> _Assignment_: An exact restatement of the records below is expected.

►

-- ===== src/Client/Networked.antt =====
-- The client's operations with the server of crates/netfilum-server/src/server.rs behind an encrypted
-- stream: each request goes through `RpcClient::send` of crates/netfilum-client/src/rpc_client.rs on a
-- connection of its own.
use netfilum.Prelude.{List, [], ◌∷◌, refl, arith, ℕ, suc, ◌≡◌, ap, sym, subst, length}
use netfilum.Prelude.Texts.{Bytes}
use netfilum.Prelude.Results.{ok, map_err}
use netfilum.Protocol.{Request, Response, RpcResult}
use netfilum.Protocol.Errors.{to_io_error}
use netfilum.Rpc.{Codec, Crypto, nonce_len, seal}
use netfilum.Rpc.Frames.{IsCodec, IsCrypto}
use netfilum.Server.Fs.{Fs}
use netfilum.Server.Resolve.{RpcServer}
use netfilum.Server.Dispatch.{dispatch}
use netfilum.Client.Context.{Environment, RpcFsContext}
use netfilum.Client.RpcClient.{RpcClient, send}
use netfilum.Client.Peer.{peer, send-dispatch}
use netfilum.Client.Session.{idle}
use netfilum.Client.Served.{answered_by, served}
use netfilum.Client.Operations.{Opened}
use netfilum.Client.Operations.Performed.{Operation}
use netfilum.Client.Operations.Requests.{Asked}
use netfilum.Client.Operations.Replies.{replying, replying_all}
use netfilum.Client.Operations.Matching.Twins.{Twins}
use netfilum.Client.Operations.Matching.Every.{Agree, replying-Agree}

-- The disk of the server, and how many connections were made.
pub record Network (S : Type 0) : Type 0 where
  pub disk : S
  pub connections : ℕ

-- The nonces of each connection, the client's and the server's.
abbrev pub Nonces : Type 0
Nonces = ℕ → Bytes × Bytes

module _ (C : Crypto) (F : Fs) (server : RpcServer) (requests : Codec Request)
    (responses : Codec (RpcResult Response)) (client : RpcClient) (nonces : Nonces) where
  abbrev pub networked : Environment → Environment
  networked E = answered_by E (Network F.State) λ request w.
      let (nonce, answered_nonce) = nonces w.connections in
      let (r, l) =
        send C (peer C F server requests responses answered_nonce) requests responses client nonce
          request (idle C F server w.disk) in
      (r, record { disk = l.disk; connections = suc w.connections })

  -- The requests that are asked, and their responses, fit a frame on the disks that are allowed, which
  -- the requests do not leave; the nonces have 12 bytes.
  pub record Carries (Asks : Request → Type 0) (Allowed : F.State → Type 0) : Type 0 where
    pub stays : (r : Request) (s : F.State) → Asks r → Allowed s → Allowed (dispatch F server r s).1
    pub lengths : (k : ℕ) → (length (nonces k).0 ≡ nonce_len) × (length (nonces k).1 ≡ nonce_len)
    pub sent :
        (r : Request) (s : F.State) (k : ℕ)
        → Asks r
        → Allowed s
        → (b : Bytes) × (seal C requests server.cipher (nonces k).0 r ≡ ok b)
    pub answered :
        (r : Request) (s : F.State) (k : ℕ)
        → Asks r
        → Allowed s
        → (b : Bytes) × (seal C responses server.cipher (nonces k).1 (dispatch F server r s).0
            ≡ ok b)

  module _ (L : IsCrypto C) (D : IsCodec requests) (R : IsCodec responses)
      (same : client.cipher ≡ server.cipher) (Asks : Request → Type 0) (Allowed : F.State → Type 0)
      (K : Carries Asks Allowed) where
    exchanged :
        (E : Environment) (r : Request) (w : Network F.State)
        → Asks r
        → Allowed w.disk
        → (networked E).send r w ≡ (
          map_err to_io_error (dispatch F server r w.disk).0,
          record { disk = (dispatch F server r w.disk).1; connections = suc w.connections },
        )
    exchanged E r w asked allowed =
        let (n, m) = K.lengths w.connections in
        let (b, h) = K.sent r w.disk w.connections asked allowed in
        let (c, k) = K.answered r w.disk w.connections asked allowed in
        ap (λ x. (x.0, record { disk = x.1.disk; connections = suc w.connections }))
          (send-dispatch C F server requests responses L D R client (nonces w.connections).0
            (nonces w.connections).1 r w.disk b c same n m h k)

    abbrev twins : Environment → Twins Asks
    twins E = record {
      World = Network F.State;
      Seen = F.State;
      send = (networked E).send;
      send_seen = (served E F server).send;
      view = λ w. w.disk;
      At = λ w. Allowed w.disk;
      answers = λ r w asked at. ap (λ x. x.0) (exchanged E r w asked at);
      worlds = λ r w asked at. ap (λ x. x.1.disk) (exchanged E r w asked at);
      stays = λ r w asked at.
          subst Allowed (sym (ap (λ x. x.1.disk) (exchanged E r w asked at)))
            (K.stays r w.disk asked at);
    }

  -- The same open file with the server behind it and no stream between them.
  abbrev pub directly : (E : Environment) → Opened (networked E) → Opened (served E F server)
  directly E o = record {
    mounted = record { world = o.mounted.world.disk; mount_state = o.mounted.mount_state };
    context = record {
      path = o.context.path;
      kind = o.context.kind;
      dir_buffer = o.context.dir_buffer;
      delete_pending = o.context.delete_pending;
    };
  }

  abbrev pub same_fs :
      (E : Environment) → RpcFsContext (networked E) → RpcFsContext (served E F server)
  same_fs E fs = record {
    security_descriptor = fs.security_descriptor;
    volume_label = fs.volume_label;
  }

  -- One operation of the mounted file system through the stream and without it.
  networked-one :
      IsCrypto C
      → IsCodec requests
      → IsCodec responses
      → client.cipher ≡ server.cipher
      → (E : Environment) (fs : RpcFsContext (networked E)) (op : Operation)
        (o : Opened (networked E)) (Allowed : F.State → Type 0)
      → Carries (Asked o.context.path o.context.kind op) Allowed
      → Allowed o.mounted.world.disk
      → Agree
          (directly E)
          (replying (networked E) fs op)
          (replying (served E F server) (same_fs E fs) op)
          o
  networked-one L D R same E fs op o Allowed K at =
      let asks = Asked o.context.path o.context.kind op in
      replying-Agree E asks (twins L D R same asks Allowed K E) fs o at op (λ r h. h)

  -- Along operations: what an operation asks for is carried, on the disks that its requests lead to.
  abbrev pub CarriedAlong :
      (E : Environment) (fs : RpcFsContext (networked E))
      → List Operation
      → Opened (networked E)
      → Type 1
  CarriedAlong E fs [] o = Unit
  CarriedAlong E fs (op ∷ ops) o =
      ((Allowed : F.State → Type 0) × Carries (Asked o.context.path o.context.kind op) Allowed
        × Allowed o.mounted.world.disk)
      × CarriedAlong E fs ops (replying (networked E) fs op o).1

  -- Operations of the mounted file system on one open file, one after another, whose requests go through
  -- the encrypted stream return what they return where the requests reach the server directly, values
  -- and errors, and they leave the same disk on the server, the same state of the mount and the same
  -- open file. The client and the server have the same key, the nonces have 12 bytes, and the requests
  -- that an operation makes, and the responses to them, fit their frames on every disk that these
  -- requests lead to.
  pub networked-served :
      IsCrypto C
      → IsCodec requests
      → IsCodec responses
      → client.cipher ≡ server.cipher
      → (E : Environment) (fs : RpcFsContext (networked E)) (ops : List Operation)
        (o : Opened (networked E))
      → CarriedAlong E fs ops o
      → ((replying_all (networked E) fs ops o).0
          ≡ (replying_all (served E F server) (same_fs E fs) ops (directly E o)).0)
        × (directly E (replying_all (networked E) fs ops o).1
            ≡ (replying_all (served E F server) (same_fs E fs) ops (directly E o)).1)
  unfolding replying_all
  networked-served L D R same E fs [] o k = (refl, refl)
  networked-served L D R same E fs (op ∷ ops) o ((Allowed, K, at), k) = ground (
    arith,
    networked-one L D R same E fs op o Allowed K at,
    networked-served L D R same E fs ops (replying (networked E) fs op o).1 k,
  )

◄

> _Task answer_:
-- ===== src/Client/Networked.antt =====
-- The client's operations with the server of crates/netfilum-server/src/server.rs behind an encrypted
-- stream: each request goes through `RpcClient::send` of crates/netfilum-client/src/rpc_client.rs on a
-- connection of its own.
use netfilum.Prelude.{List, [], ◌∷◌, refl, arith, ℕ, suc, ◌≡◌, ap, sym, subst, length}
use netfilum.Prelude.Texts.{Bytes}
use netfilum.Prelude.Results.{ok, map_err}
use netfilum.Protocol.{Request, Response, RpcResult}
use netfilum.Protocol.Errors.{to_io_error}
use netfilum.Rpc.{Codec, Crypto, nonce_len, seal}
use netfilum.Rpc.Frames.{IsCodec, IsCrypto}
use netfilum.Server.Fs.{Fs}
use netfilum.Server.Resolve.{RpcServer}
use netfilum.Server.Dispatch.{dispatch}
use netfilum.Client.Context.{Environment, RpcFsContext}
use netfilum.Client.RpcClient.{RpcClient, send}
use netfilum.Client.Peer.{peer, send-dispatch}
use netfilum.Client.Session.{idle}
use netfilum.Client.Served.{answered_by, served}
use netfilum.Client.Operations.{Opened}
use netfilum.Client.Operations.Performed.{Operation}
use netfilum.Client.Operations.Requests.{Asked}
use netfilum.Client.Operations.Replies.{replying, replying_all}
use netfilum.Client.Operations.Matching.Twins.{Twins}
use netfilum.Client.Operations.Matching.Every.{Agree, replying-Agree}

-- The disk of the server, and how many connections were made.
pub record Network (S : Type 0) : Type 0 where
  pub disk : S
  pub connections : ℕ

-- The nonces of each connection, the client's and the server's.
abbrev pub Nonces : Type 0
Nonces = ℕ → Bytes × Bytes

module _ (C : Crypto) (F : Fs) (server : RpcServer) (requests : Codec Request)
    (responses : Codec (RpcResult Response)) (client : RpcClient) (nonces : Nonces) where
  abbrev pub networked : Environment → Environment
  networked E = answered_by E (Network F.State) λ request w.
      let (nonce, answered_nonce) = nonces w.connections in
      let (r, l) =
        send C (peer C F server requests responses answered_nonce) requests responses client nonce
          request (idle C F server w.disk) in
      (r, record { disk = l.disk; connections = suc w.connections })

  -- The requests that are asked, and their responses, fit a frame on the disks that are allowed, which
  -- the requests do not leave; the nonces have 12 bytes.
  pub record Carries (Asks : Request → Type 0) (Allowed : F.State → Type 0) : Type 0 where
    pub stays : (r : Request) (s : F.State) → Asks r → Allowed s → Allowed (dispatch F server r s).1
    pub lengths : (k : ℕ) → (length (nonces k).0 ≡ nonce_len) × (length (nonces k).1 ≡ nonce_len)
    pub sent :
        (r : Request) (s : F.State) (k : ℕ)
        → Asks r
        → Allowed s
        → (b : Bytes) × (seal C requests server.cipher (nonces k).0 r ≡ ok b)
    pub answered :
        (r : Request) (s : F.State) (k : ℕ)
        → Asks r
        → Allowed s
        → (b : Bytes) × (seal C responses server.cipher (nonces k).1 (dispatch F server r s).0
            ≡ ok b)

  module _ (L : IsCrypto C) (D : IsCodec requests) (R : IsCodec responses)
      (same : client.cipher ≡ server.cipher) (Asks : Request → Type 0) (Allowed : F.State → Type 0)
      (K : Carries Asks Allowed) where
    exchanged :
        (E : Environment) (r : Request) (w : Network F.State)
        → Asks r
        → Allowed w.disk
        → (networked E).send r w ≡ (
          map_err to_io_error (dispatch F server r w.disk).0,
          record { disk = (dispatch F server r w.disk).1; connections = suc w.connections },
        )
    exchanged E r w asked allowed =
        let (n, m) = K.lengths w.connections in
        let (b, h) = K.sent r w.disk w.connections asked allowed in
        let (c, k) = K.answered r w.disk w.connections asked allowed in
        ap (λ x. (x.0, record { disk = x.1.disk; connections = suc w.connections }))
          (send-dispatch C F server requests responses L D R client (nonces w.connections).0
            (nonces w.connections).1 r w.disk b c same n m h k)

    abbrev twins : Environment → Twins Asks
    twins E = record {
      World = Network F.State;
      Seen = F.State;
      send = (networked E).send;
      send_seen = (served E F server).send;
      view = λ w. w.disk;
      At = λ w. Allowed w.disk;
      answers = λ r w asked at. ap (λ x. x.0) (exchanged E r w asked at);
      worlds = λ r w asked at. ap (λ x. x.1.disk) (exchanged E r w asked at);
      stays = λ r w asked at.
          subst Allowed (sym (ap (λ x. x.1.disk) (exchanged E r w asked at)))
            (K.stays r w.disk asked at);
    }

  -- The same open file with the server behind it and no stream between them.
  abbrev pub directly : (E : Environment) → Opened (networked E) → Opened (served E F server)
  directly E o = record {
    mounted = record { world = o.mounted.world.disk; mount_state = o.mounted.mount_state };
    context = record {
      path = o.context.path;
      kind = o.context.kind;
      dir_buffer = o.context.dir_buffer;
      delete_pending = o.context.delete_pending;
    };
  }

  abbrev pub same_fs :
      (E : Environment) → RpcFsContext (networked E) → RpcFsContext (served E F server)
  same_fs E fs = record {
    security_descriptor = fs.security_descriptor;
    volume_label = fs.volume_label;
  }

  -- One operation of the mounted file system through the stream and without it.
  networked-one :
      IsCrypto C
      → IsCodec requests
      → IsCodec responses
      → client.cipher ≡ server.cipher
      → (E : Environment) (fs : RpcFsContext (networked E)) (op : Operation)
        (o : Opened (networked E)) (Allowed : F.State → Type 0)
      → Carries (Asked o.context.path o.context.kind op) Allowed
      → Allowed o.mounted.world.disk
      → Agree
          (directly E)
          (replying (networked E) fs op)
          (replying (served E F server) (same_fs E fs) op)
          o
  networked-one L D R same E fs op o Allowed K at =
      let asks = Asked o.context.path o.context.kind op in
      replying-Agree E asks (twins L D R same asks Allowed K E) fs o at op (λ r h. h)

  -- Along operations: what an operation asks for is carried, on the disks that its requests lead to.
  abbrev pub CarriedAlong :
      (E : Environment) (fs : RpcFsContext (networked E))
      → List Operation
      → Opened (networked E)
      → Type 1
  CarriedAlong E fs [] o = Unit
  CarriedAlong E fs (op ∷ ops) o =
      ((Allowed : F.State → Type 0) × Carries (Asked o.context.path o.context.kind op) Allowed
        × Allowed o.mounted.world.disk)
      × CarriedAlong E fs ops (replying (networked E) fs op o).1

  -- Operations of the mounted file system on one open file, one after another, whose requests go through
  -- the encrypted stream return what they return where the requests reach the server directly, values
  -- and errors, and they leave the same disk on the server, the same state of the mount and the same
  -- open file. The client and the server have the same key, the nonces have 12 bytes, and the requests
  -- that an operation makes, and the responses to them, fit their frames on every disk that these
  -- requests lead to.
  pub networked-served :
      IsCrypto C
      → IsCodec requests
      → IsCodec responses
      → client.cipher ≡ server.cipher
      → (E : Environment) (fs : RpcFsContext (networked E)) (ops : List Operation)
        (o : Opened (networked E))
      → CarriedAlong E fs ops o
      → ((replying_all (networked E) fs ops o).0
          ≡ (replying_all (served E F server) (same_fs E fs) ops (directly E o)).0)
        × (directly E (replying_all (networked E) fs ops o).1
            ≡ (replying_all (served E F server) (same_fs E fs) ops (directly E o)).1)
  unfolding replying_all
  networked-served L D R same E fs [] o k = (refl, refl)
  networked-served L D R same E fs (op ∷ ops) o ((Allowed, K, at), k) = ground (
    arith,
    networked-one L D R same E fs op o Allowed K at,
    networked-served L D R same E fs ops (replying (networked E) fs op o).1 k,
  )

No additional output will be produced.